The best way to do that is a GST-like, revenue-neutral carbon tax. In the first year, it’d be a low rate of tax, say, $5 per tonne CO2 emitted. In the second year, the tax would be slowly ramped up to, say, $10 per tonne, $15 per tonne in the third year and so on. The rate of carbon tax would then be continually raised, with maintenance of revenue neutrality by tax cuts elsewhere, until the economy is purged of carbon emissions.

To facilitate decisions to invest in emission-reducing technological change, the schedule of carbon tax rates would be published several years in advance.

Meanwhile, we’ll make a motza, flogging all the technology we’ve developed to the rest of the world.

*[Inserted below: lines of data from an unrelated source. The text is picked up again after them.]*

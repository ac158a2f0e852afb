-- ===== src/Vga/Tests.antt =====
-- The boot screen at a small text.
use lunaria_os.Base.{◌≡◌, [], ◌∷◌, none}
use lunaria_os.Terminal.{white, term_print_color}
use lunaria_os.Vga.{Screen, print}
use lunaria_os.Vga.Teletype.{as_terminal, print-term_print_color}

abbrev last_cell : Screen
last_cell = record { vga = λ j. 7; cursor_x = 79; cursor_y = 24; block = none }

print-term_print_color_example :
    as_terminal (print last_cell (72 ∷ 10 ∷ 73 ∷ []) white)
    ≡ term_print_color (as_terminal last_cell) (72 ∷ 10 ∷ 73 ∷ []) white
print-term_print_color_example = print-term_print_color last_cell (72 ∷ 10 ∷ 73 ∷ []) white
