-- ===== src/Vm/Entries.antt =====
-- Page directory and page table entries as a frame's address and flags.
use lunaria_os.Base.{
  ℕ, ◌+◌, ◌/◌, ◌%◌, ◌^◌, ◌<◌, ◌≡◌, refl, Bool, true, false, arith, if◌then◌else◌, bit_or,
}
use lunaria_os.Base.Bits.{and_ones, or_digit, or_fields, or-zero}
use lunaria_os.Frames.{page_size, page_floor}
use lunaria_os.Frames.Init.{page_floor_lem}
use lunaria_os.Vm.{is_present, entry_for, pte_index}

-- A frame's address has zeros where the flags go.
pub entry_for_lem :
    (frame : ℕ) (user : Bool)
    → frame % page_size ≡ 0
    → entry_for frame user ≡ frame + (if user then 7 else 3)
unfolding entry_for
entry_for_lem frame true h =
    let low = or_fields 2 (frame / 4) 3 (omega arith) in
    let x = frame + 3 in
    ground (arith, low, or_digit x 4, or_digit (x / 2) 2, or_fields 1 (frame / 8) 1)
entry_for_lem frame false h =
    let low = or_fields 2 (frame / 4) 3 (omega arith) in
    ground (arith, low, or-zero (bit_or frame 3))

module _ (frame : ℕ) (user : Bool) (aligned : frame % page_size ≡ 0) where
  -- An entry is present, and its address part is the frame.
  pub is_present-entry_for : is_present (entry_for frame user) ≡ true
  is_present-entry_for =
      ground (arith, entry_for_lem frame user aligned, and_ones 1 (entry_for frame user))

  pub page_floor-entry_for : frame < 2 ^ 32 → page_floor (entry_for frame user) ≡ frame
  page_floor-entry_for h =
      ground (arith, entry_for_lem frame user aligned, page_floor_lem (entry_for frame user))

pub is_present-zero : is_present 0 ≡ false
is_present-zero = refl

pub pte_index-lt : (addr : ℕ) → pte_index addr < 1024
pte_index-lt addr = omega (arith, and_ones 10 (addr / 2 ^ 12))
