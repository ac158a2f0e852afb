-- ===== src/Vm/Fault.antt =====
-- `vm_fault`: demand paging, and that it touches nothing but the window.
use lunaria_os.Base.{
  ltb, ◌∙◌, ℕ, ◌+◌, ◌/◌, ◌%◌, ◌^◌, ◌≡◌, refl, Bool, true, false, not, ◌&&◌, arith, ◌==◌,
  if◌then◌else◌, Bytes, in_range, each_lem, inl, inr, Bool-cases,
}
use lunaria_os.Frames.{Pmm, alloc_frame, page_size}
use lunaria_os.Frames.Alloc.{IsPmm, is_free, Allocated, none_left, taken, alloc_frame-Allocated}
use lunaria_os.Base.Bits.{and_ones}
use lunaria_os.Vm.{
  Vm, slot, page_floor, pde_index, vm_fault, fill, is_fillable, pte_slot, zero_page,
}
use lunaria_os.Vm.Entries.{entry_for_lem}

pub zero_page_lem :
    (frame : ℕ) (words : Bytes) (j : ℕ)
    → zero_page frame words j ≡ (if in_range (frame / 4) (frame / 4 + 1024) j then 0 else words j)
unfolding zero_page
zero_page_lem frame words j = each_lem (λ i old. 0) 1024 (frame / 4) words j

-- the frame of an address
abbrev pub frame_of : ℕ → ℕ
frame_of addr = addr / page_size

-- whether an address lies in the window of user programs, from 4 to 8 MiB, in a page that is not present
-- while the page table for it is (the lowest bit of an entry says whether it is present)
abbrev pub should_fill : Vm → ℕ → Bool
should_fill m addr =
    (not (ltb addr 0x40_0000) && ltb addr 0x80_0000)
    && ((m.words (slot (page_floor m.cr3) (pde_index addr)) % 2 == 1)
        && (m.words (pte_slot m addr) % 2 == 0))

is_fillable_lem : (m : Vm) (addr : ℕ) → is_fillable m addr ≡ should_fill m addr
unfolding is_fillable
is_fillable_lem m addr = ground (
  arith,
  and_ones 1 (m.words (slot (page_floor m.cr3) (pde_index addr))),
  and_ones 1 (m.words (pte_slot m addr)),
)

-- What `vm_fault` did. A fatal fault changes nothing. A filled
-- one takes a free frame for the page: the frame is zeroed, the page table entry of the address
-- gets it with the flags present, writable and user, no other word changes, and no other frame.
pub data Faulted (m : Vm) (addr : ℕ) : Vm × Bool → Type 0 where
  fatal : should_fill m addr ≡ false → Faulted m addr (m, false)
  no_memory : ((f : ℕ) → is_free m.pmm f ≡ false) → Faulted m addr (m, false)
  mapped :
      (m' : Vm) (frame : ℕ)
      → should_fill m addr ≡ true
      → frame % page_size ≡ 0
      → is_free m.pmm (frame_of frame) ≡ true
      → ((f : ℕ) → is_free m'.pmm f ≡ (is_free m.pmm f && not (f == frame_of frame)))
      → IsPmm m'.pmm
      → ((w : ℕ)
          → m'.words w ≡ (
              if w == pte_slot m addr
              then frame + 7
              else if in_range (frame / 4) (frame / 4 + 1024) w
              then 0
              else m.words w))
      → m' ≡ record m { pmm = m'.pmm; words = m'.words; fault_count = (m.fault_count + 1) % 2 ^ 32 }
      → Faulted m addr (m', true)

fill-Faulted :
    (m : Vm) (addr : ℕ) (out : Pmm × ℕ)
    → Allocated m.pmm out
    → should_fill m addr ≡ true
    → is_free m.pmm 0 ≡ false
    → Faulted m addr (fill m addr out)
unfolding fill
fill-Faulted m addr out (none_left h) ok zero_used = no_memory h
fill-Faulted m addr out (taken p' i a at free below after count frames v') ok zero_used =
    let ne : (a == 0) ≡ false = ground arith in
    let at_i : frame_of a ≡ i = omega arith in
    let aligned : a % page_size ≡ 0 = omega arith in
    rw ne (
      mapped _ a ok aligned (rw at_i free) (λ f. rw at_i (after f)) v'
        (λ w. ground (arith, entry_for_lem a true aligned, zero_page_lem a m.words w)) refl)

-- `vm_fault` at any address, with a consistent allocator that never gives out frame 0 (it is in the
-- low megabyte): outside the window of user programs from 4 to 8 MiB, where the page is present already, where its page table
-- is not, and where no frame is left, the fault is fatal and nothing changes; otherwise the page is mapped to a
-- fresh zeroed frame and nothing else changes.
pub vm_fault-Faulted :
    (m : Vm) (addr : ℕ) → IsPmm m.pmm → is_free m.pmm 0 ≡ false → Faulted m addr (vm_fault m addr)
unfolding vm_fault
vm_fault-Faulted m addr v zero_used = elim (Bool-cases (should_fill m addr)) [
  | inl ok ↦
      rw (is_fillable_lem m addr ∙ ok)
        (fill-Faulted m addr (alloc_frame m.pmm) (alloc_frame-Allocated m.pmm v) ok zero_used)
  | inr no_ ↦ rw (is_fillable_lem m addr ∙ no_) (fatal no_)
]
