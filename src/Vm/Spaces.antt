-- ===== src/Vm/Spaces.antt =====
-- Address spaces: what `vm_create` builds, and that `vm_destroy` gives everything back.
use lunaria_os.Base.{
  ℕ, zero, suc, ◌+◌, ◌-◌, ◌*◌, ◌/◌, ◌%◌, ◌^◌, ◌<◌, ◌≤◌, ◌≡◌, ◌≢◌, ◌⊎◌, refl, ap, ◌∙◌, true, false,
  not, ◌&&◌, arith, ◌==◌, if◌then◌else◌, Bytes, in_range, copy, copy_lem, inl, inr,
}
use native.Mathlib.Decide.{dec_le}
use lunaria_os.Frames.{Pmm, alloc_frame, free_frame, page_size, page_floor}
use lunaria_os.Frames.Alloc.{
  IsPmm, is_free, is_free-lt, Allocated, none_left, taken, alloc_frame-Allocated,
  free_frame-IsFreed,
}
use lunaria_os.Vm.{
  Vm, vm_create, fill_directory, fill_table, vm_destroy, free_entries, slot, user_pde, is_present,
}
use lunaria_os.Vm.Entries.{entry_for_lem, is_present-entry_for, page_floor-entry_for}
use lunaria_os.Vm.Fault.{zero_page_lem, frame_of}

-- The kernel's state once paging is set up: a consistent allocator that gives out neither frame 0 nor
-- the kernel's page directory, which is page aligned.
pub record IsVm (m : Vm) : Type 0 where
  pub pmm : IsPmm m.pmm
  pub zero_used : is_free m.pmm 0 ≡ false
  pub dir_aligned : m.page_dir % page_size ≡ 0
  pub dir_used : is_free m.pmm (frame_of m.page_dir) ≡ false

-- The state `m'` with the new directory `d` and its table `pt`.
pub record IsCreated (m m' : Vm) (d pt : ℕ) : Type 0 where
  pub dir_page : d % page_size ≡ 0
  pub table_page : pt % page_size ≡ 0
  pub dir_free : is_free m.pmm (frame_of d) ≡ true
  pub table_free : is_free m.pmm (frame_of pt) ≡ true
  pub apart : (frame_of d == frame_of pt) ≡ false
  pub frames :
      (f : ℕ)
      → is_free m'.pmm f ≡ (is_free m.pmm f && not (f == frame_of d) && not (f == frame_of pt))
  pub count : m'.pmm.frames_free + 2 ≡ m.pmm.frames_free
  pub valid : IsPmm m'.pmm
  -- the window's entry, the empty table, the copy of the kernel's directory, all else unchanged
  pub words :
      (w : ℕ)
      → m'.words w ≡ (
          if w == slot d user_pde
          then pt + 7
          else if in_range (pt / 4) (pt / 4 + 1024) w
          then 0
          else if in_range (d / 4) (d / 4 + 1024) w
          then m.words (m.page_dir / 4 + (w - d / 4))
          else m.words w)
  pub break : m'.brk ≡ 0
  pub same_dir : m'.page_dir ≡ m.page_dir
  pub size : m'.pmm.nframes ≡ m.pmm.nframes

-- The result of `vm_create`: either it fails with 0 and no frame has changed hands, or it answers the
-- address of a new directory.
pub data Created (m : Vm) : Vm × ℕ → Type 0 where
  failed :
      (m' : Vm)
      → ((f : ℕ) → is_free m'.pmm f ≡ is_free m.pmm f)
      → m'.pmm.frames_free ≡ m.pmm.frames_free
      → IsPmm m'.pmm
      → Created m (m', 0)
  created : (m' : Vm) (d pt : ℕ) → d ≢ 0 → IsCreated m m' d pt → Created m (m', d)

ne_of_free :
    (p : Pmm) (d : ℕ) {i k : ℕ}
    → frame_of d ≡ i
    → is_free p i ≡ true
    → is_free p k ≡ false
    → frame_of d ≢ k
ne_of_free p d at free used same = cc

apart_pages :
    (a b : ℕ)
    → a % page_size ≡ 0
    → b % page_size ≡ 0
    → frame_of a ≢ frame_of b
    → (a / 4 ≤ b / 4) ⊎ (b / 4 + 1024 ≤ a / 4)
apart_pages a b ha hb ne = elim (dec_le (a / 4) (b / 4)) [
  | yes h ↦ inl h
  | no h ↦ inr (omega arith)
]

fill_table-Created :
    (m : Vm) (p1 : Pmm) (i d : ℕ) (out : Pmm × ℕ)
    → IsVm m
    → d ≡ i * page_size
    → (d == 0) ≡ false
    → is_free m.pmm i ≡ true
    → ((j : ℕ) → is_free p1 j ≡ (is_free m.pmm j && not (j == i)))
    → p1.frames_free + 1 ≡ m.pmm.frames_free
    → p1.nframes ≡ m.pmm.nframes
    → IsPmm p1
    → Allocated p1 out
    → Created m (fill_table m d out)
unfolding fill_table
fill_table-Created m p1 i d out v at ne free after count size v1 (none_left none_free) =
    let at_i : frame_of d ≡ i = omega arith in
    let freed = free_frame-IsFreed p1 d 0 v1 in
    let lt = is_free-lt m.pmm i free in
    failed _ (λ f. ground (arith, (free_frame-IsFreed p1 d f v1).frames, after f))
      (ground (arith, freed.count, after i)) freed.valid
fill_table-Created m p1 i d out v at ne free after count size v1
      (taken p2 k pt at' free' below' after' count' size' v2) =
    let at_i : frame_of d ≡ i = omega arith in
    let at_k : frame_of pt ≡ k = omega arith in
    let table_page : pt % page_size ≡ 0 = omega arith in
    let ne' : (pt == 0) ≡ false = ground (arith, after k, v.zero_used) in
    let other : frame_of d ≢ frame_of m.page_dir = ne_of_free m.pmm d at_i free v.dir_used in
    let copied = copy 1024 (d / 4) (m.page_dir / 4) m.words in
    let copied_lem = λ (w : ℕ).
      copy_lem 1024 (d / 4) (m.page_dir / 4) m.words w
        (apart_pages d m.page_dir (omega arith) v.dir_aligned other) in
    rw ne' (
      created _ d pt (ground arith) (record {
        dir_page = omega arith;
        table_page = table_page;
        dir_free = rw at_i free;
        table_free = ground (arith, after k);
        apart = ground (arith, after k);
        frames = λ f. ground (arith, after f, after' f);
        count = omega arith;
        valid = v2;
        words = λ w.
            ground
              (arith, entry_for_lem pt true table_page, zero_page_lem pt copied w, copied_lem w);
        break = refl;
        same_dir = refl;
        size = size' ∙ size;
      }))

fill_directory-Created :
    (m : Vm) (out : Pmm × ℕ) → IsVm m → Allocated m.pmm out → Created m (fill_directory m out)
unfolding fill_directory
fill_directory-Created m out v (none_left none_free) = failed m (λ f. refl) refl v.pmm
fill_directory-Created m out v (taken p1 i d at free below after count size v1) =
    let ne : (d == 0) ≡ false = ground (arith, v.zero_used) in
    rw ne (
      fill_table-Created m p1 i d (alloc_frame p1) v at ne free after count size v1
        (alloc_frame-Allocated p1 v1))

-- `vm_create` on a kernel with paging set up: it either fails and leaves the set of free frames and
-- the counter as they were, or it answers a new directory, which is a copy of the kernel's but for
-- the window's entry; that points to an empty table, present, writable and for user programs.
pub vm_create-Created : (m : Vm) → IsVm m → Created m (vm_create m)
unfolding vm_create
vm_create-Created m v =
    fill_directory-Created m (alloc_frame m.pmm) v (alloc_frame-Allocated m.pmm v.pmm)

-- A table with no present entry gives back no frame.
free_entries-empty :
    (words : Bytes) (table j n : ℕ) (p : Pmm)
    → ((k : ℕ) → k < n → words (slot table (j + k)) ≡ 0)
    → free_entries words table j n p ≡ p
unfolding free_entries
free_entries-empty words table j zero p h = refl
free_entries-empty words table j (suc n) p h = ground (
  arith,
  h 0,
  free_entries-empty words table (j + 1) n p (λ k lt. ap words (shift k) ∙ h (suc k) (omega arith)),
)
  where
    shift : (k : ℕ) → slot table (j + 1 + k) ≡ slot table (j + suc k)
    shift k = omega arith

-- `vm_destroy` of a space whose window has an empty table
pmm-vm_destroy :
    (m : Vm) (d pt : ℕ)
    → (d == 0) ≡ false
    → (d == m.page_dir) ≡ false
    → m.words (slot d user_pde) ≡ pt + 7
    → is_present (pt + 7) ≡ true
    → page_floor (pt + 7) ≡ pt
    → free_entries m.words pt 0 1024 m.pmm ≡ m.pmm
    → (vm_destroy m d).pmm ≡ free_frame (free_frame m.pmm pt) d
unfolding vm_destroy
pmm-vm_destroy m d pt ne other pde there table empty = rw (ne, other, pde, there, table, empty)

destroy_created :
    (m m' : Vm) (d pt f : ℕ)
    → IsVm m
    → d ≢ 0
    → IsCreated m m' d pt
    → (is_free (vm_destroy m' d).pmm f ≡ is_free m.pmm f)
      × ((vm_destroy m' d).pmm.frames_free ≡ m.pmm.frames_free)
destroy_created m m' d pt f v ne c =
    let pde : m'.words (slot d user_pde) ≡ pt + 7 = ground (arith, c.words (slot d user_pde)) in
    let small : pt < 2 ^ 32 =
      omega (arith, v.pmm.small, is_free-lt m.pmm (frame_of pt) c.table_free) in
    let entry = entry_for_lem pt true c.table_page in
    let there : is_present (pt + 7) ≡ true =
      rw entry at (is_present-entry_for pt true c.table_page) in
    let table : page_floor (pt + 7) ≡ pt =
      rw entry at (page_floor-entry_for pt true c.table_page small) in
    let empty : free_entries m'.words pt 0 1024 m'.pmm ≡ m'.pmm =
      free_entries-empty m'.words pt 0 1024 m'.pmm
        (λ k lt. ground (arith, c.words (slot pt (0 + k)))) in
    let first = free_frame-IsFreed m'.pmm pt f c.valid in
    let p1 = free_frame m'.pmm pt in
    let second = free_frame-IsFreed p1 d f first.valid in
    let out =
      pmm-vm_destroy m' d pt (ground arith) (ground (arith, c.same_dir, v.dir_used, c.dir_free)) pde
        there table empty in
    rw out (
      ground (
        arith,
        first.frames,
        second.frames,
        first.size,
        c.size,
        c.frames f,
        is_free-lt m.pmm (frame_of pt) c.table_free,
        is_free-lt m.pmm (frame_of d) c.dir_free,
      ),
      ground (
        arith,
        first.count,
        second.count,
        first.size,
        c.size,
        c.count,
        c.frames (frame_of pt),
        c.frames (frame_of d),
        (free_frame-IsFreed m'.pmm pt (frame_of d) c.valid).frames,
        c.apart,
        is_free-lt m.pmm (frame_of pt) c.table_free,
        is_free-lt m.pmm (frame_of d) c.dir_free,
      ),
    )

-- Destroying a space that was just created restores the set of free frames and the counter, as the
-- self-test of `paging_init` expects.
pub destroy-create :
    (m : Vm) (f : ℕ)
    → IsVm m
    → (vm_create m).1 ≢ 0
    → let (m', d) = vm_create m in
      (is_free (vm_destroy m' d).pmm f ≡ is_free m.pmm f)
      × ((vm_destroy m' d).pmm.frames_free ≡ m.pmm.frames_free)
destroy-create m f v h = go (vm_create m) (vm_create-Created m v) h
  where
    go :
        (out : Vm × ℕ)
        → Created m out
        → out.1 ≢ 0
        → (is_free (vm_destroy out.0 out.1).pmm f ≡ is_free m.pmm f)
          × ((vm_destroy out.0 out.1).pmm.frames_free ≡ m.pmm.frames_free)
    go out (failed m' frames count valid) h = absurd (h refl)
    go out (created m' d pt ne c) h = destroy_created m m' d pt f v ne c
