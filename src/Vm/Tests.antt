-- ===== src/Vm/Tests.antt =====
-- Paging on a small machine.
use lunaria_os.Base.{◌≡◌, ◌≢◌, refl, ◌==◌, if◌then◌else◌, arith}
use lunaria_os.Frames.{frame_used, alloc_frame, alloc_loop, frame_set}
use lunaria_os.Frames.Bitmap.{free_below}
use lunaria_os.Frames.Alloc.{is_free}
use lunaria_os.Vm.{Vm, vm_fault, vm_create, fill_directory, fill_table, vm_destroy, vm_sbrk}
use lunaria_os.Vm.Fault.{Faulted, vm_fault-Faulted}
use lunaria_os.Vm.Spaces.{IsVm, Created, vm_create-Created, destroy-create}
use lunaria_os.Vm.Break.{vm_sbrk_lem}

-- Sixteen frames, the first eight used: the kernel's directory in frame 1, a process's directory in
-- frame 2 with its table in frame 3.
abbrev machine : Vm
machine = record {
  pmm = record {
    mem_top = 0x10000;
    nframes = 16;
    frames_free = 8;
    bitmap = λ n. if n == 0 then 255 else 0;
  };
  words = λ w. if w == 0x801 then 0x3007 else 0;
  page_dir = 0x1000;
  cr3 = 0x2000;
  cur_dir = 0x2000;
  brk = 0x401000;
  fault_count = 0;
}

machine-IsVm : IsVm machine
unfolding free_below frame_used is_free
machine-IsVm = record {
  pmm = record { bytes = λ n. ground arith; counted = refl; small = omega arith };
  zero_used = refl;
  dir_aligned = refl;
  dir_used = refl;
}

vm_fault-Faulted_example : Faulted machine 0x405123 (vm_fault machine 0x405123)
vm_fault-Faulted_example = vm_fault-Faulted machine 0x405123 machine-IsVm.pmm machine-IsVm.zero_used

vm_create-Created_example : Created machine (vm_create machine)
vm_create-Created_example = vm_create-Created machine machine-IsVm

new_dir : (vm_create machine).1 ≡ 0x8000
unfolding vm_create fill_directory fill_table alloc_frame alloc_loop frame_used frame_set
new_dir = refl

new_space : (vm_create machine).1 ≢ 0
new_space = rw new_dir (omega arith)

destroy-create_example :
    let (m', d) = vm_create machine in
    (is_free (vm_destroy m' d).pmm 8 ≡ is_free machine.pmm 8)
    × ((vm_destroy m' d).pmm.frames_free ≡ 8)
destroy-create_example = destroy-create machine 8 machine-IsVm new_space

vm_sbrk_lem_example : vm_sbrk machine 0x2000 ≡ (record machine { brk = 0x403000 }, 0x403000)
vm_sbrk_lem_example = vm_sbrk_lem machine 0x2000 (omega arith) (omega arith)
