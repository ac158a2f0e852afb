-- ===== src/Wm/Tests.antt =====
-- The theorems of the window manager at zeroed memory.
use lunaria_os.Base.{arith}
use lunaria_os.Terminal.{Terminal}
use lunaria_os.Wm.{Wm, wm_blit}
use lunaria_os.Wm.Blit.{InSync, wm_blit-InSync}

-- the `.bss` of the kernel, and a screen of question marks
abbrev zeroed : Terminal
zeroed = record {
  cursor_x = 0;
  cursor_y = 0;
  cells = λ j. 0;
  color = 0;
  buf = λ j. 0;
  len = 0;
  prompt = 0;
}

abbrev boot : Wm
boot = record { terms = λ i. zeroed; current_term = 0; vga = λ j. 63 }

wm_blit-InSync_example : InSync zeroed (wm_blit zeroed boot.vga) 1
wm_blit-InSync_example = wm_blit-InSync zeroed boot.vga 1 (omega arith) (omega arith)
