-- ===== src/Captain/Pools/Deleting.antt =====
-- What the handlers that delete answer, and what they tell the workers.
use subnetwork_system_torchl.Prelude.{ℕ, ◌≡◌, true, List, [], ◌∷◌, if◌then◌else◌, ◌==◌, arith}
use subnetwork_system_torchl.Text.{Str, codes}
use subnetwork_system_torchl.Captain.Replies.{Answer, rows, json, pool_change, respond_message}
use subnetwork_system_torchl.Captain.Pools.Defs.{PoolRow}
use subnetwork_system_torchl.Captain.Pools.Service.{notify_first, delete_pool}
use subnetwork_system_torchl.Captain.Pools.Handlers.{delete_pool_handler}

-- A request to delete a pool that is well formed and reaches the database is answered 200 whether a
-- row was deleted or not, although the service has asked for 404 if none was. The workers of the pool
-- are told exactly if one was.
pub delete_pool_handler_lem :
    (c : ℕ) (tag : Str) (query : Str → Answer (List PoolRow)) (delete : Str → Answer ℕ)
    (row : PoolRow) (rest : List PoolRow) (affected : ℕ)
    → query (c ∷ tag) ≡ rows (row ∷ rest)
    → delete (c ∷ tag) ≡ rows affected
    → delete_pool_handler true (c ∷ tag) query delete ≡ (
      json 200 (if affected == 0 then codes "Nothing deleted" else codes "deleted"),
      if affected == 0 then [] else pool_change row.pool_id ∷ [],
    )
unfolding delete_pool_handler delete_pool notify_first respond_message
delete_pool_handler_lem c tag query delete row rest affected e f = rw (e, f) (ground arith)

David Arthur | 05 January 2009  

Thank you for not mincing words Tony. We need more straight talkers who are not afraid if they will be unpopular, but who try to speak the truth as they see it.

I am deeply disappointed in Kevin Rudd's actions in the last 6 months. Towards Assylum Seekers, and now backing down on our responsibilities towrds our planet. Does he not think of his grandchildren?

Mr Rudd;s policy on Assylum Seekers has been alarming to say the least.He has reverted to the fear campaign of Mr.Howard. ''We must protect our borders.''What about protecting human beings, who were not born in our lucky country.

Mr Rudd's whole outlook seems to have changed. Has power become his drving force? or fear of losing an election? Is he ruled by the coal industry? We know it will be hard policies, but is he forgetting that perhaps he may be more popular if he 'bites the bullet' and shows true leadership. A lot of people are worried for their grandchildren.We elect leaders so that they can lead. Mr. Rudd do something constructive, which replaces coal .Pour money into green energy. Solar ,thermal, wind and more. Many are waiting for you to act.

I also have joined GetUp's campaign.